[Collected data entries]
↓
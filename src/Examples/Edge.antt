-- ===== src/Examples/Edge.antt =====
-- A router behind the wrappers of the server.
use nexus_cloud_identity_acc.Common.{
  ℕ, String, List, none, some, [], ◌∷◌, ◌==◌, true, ◌≡◌, refl, ◌⊎◌,
}
use nexus_cloud_identity_acc.Common.Maps.{lookup}
use nexus_cloud_identity_acc.Backend.Middleware.{
  Head, Handler, Leaves, allow_origin, Named, stack, stack-allow_origin,
}

-- It answers with what it counts.
abbrev counter : Handler ℕ ℕ
counter head hs n = (record { status = 200; headers = hs; body = some n }, ℕ.suc n)

counter-Leaves : Leaves counter
counter-Leaves head hs w = refl

abbrev allowed : List String
allowed = "http://localhost:5173" ∷ []

abbrev preflight : Head
preflight = record { method = "OPTIONS"; origin = "http://localhost:5173" }

stack-allow_origin_example :
    ((Named (λ s. s) allowed preflight.origin
        × (lookup allow_origin (stack (λ s. s) allowed counter preflight [] 3).0.headers
            ≡ some preflight.origin))
      ⊎ ((¬ Named (λ s. s) allowed preflight.origin)
          × (lookup allow_origin (stack (λ s. s) allowed counter preflight [] 3).0.headers ≡ none)))
    × ((preflight.method == "OPTIONS") ≡ true
        → ((stack (λ s. s) allowed counter preflight [] 3).0.status ≡ 204)
          × ((stack (λ s. s) allowed counter preflight [] 3).1 ≡ 3))
stack-allow_origin_example = stack-allow_origin (λ s. s) allowed counter preflight 3 counter-Leaves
↑
Select every line in the records above that contains the word "lookup".

**Answer area:**
use nexus_cloud_identity_acc.Common.Maps.{lookup}
        × (lookup allow_origin (stack (λ s. s) allowed counter preflight [] 3).0.headers
          × (lookup allow_origin (stack (λ s. s) allowed counter preflight [] 3).0.headers ≡ none)))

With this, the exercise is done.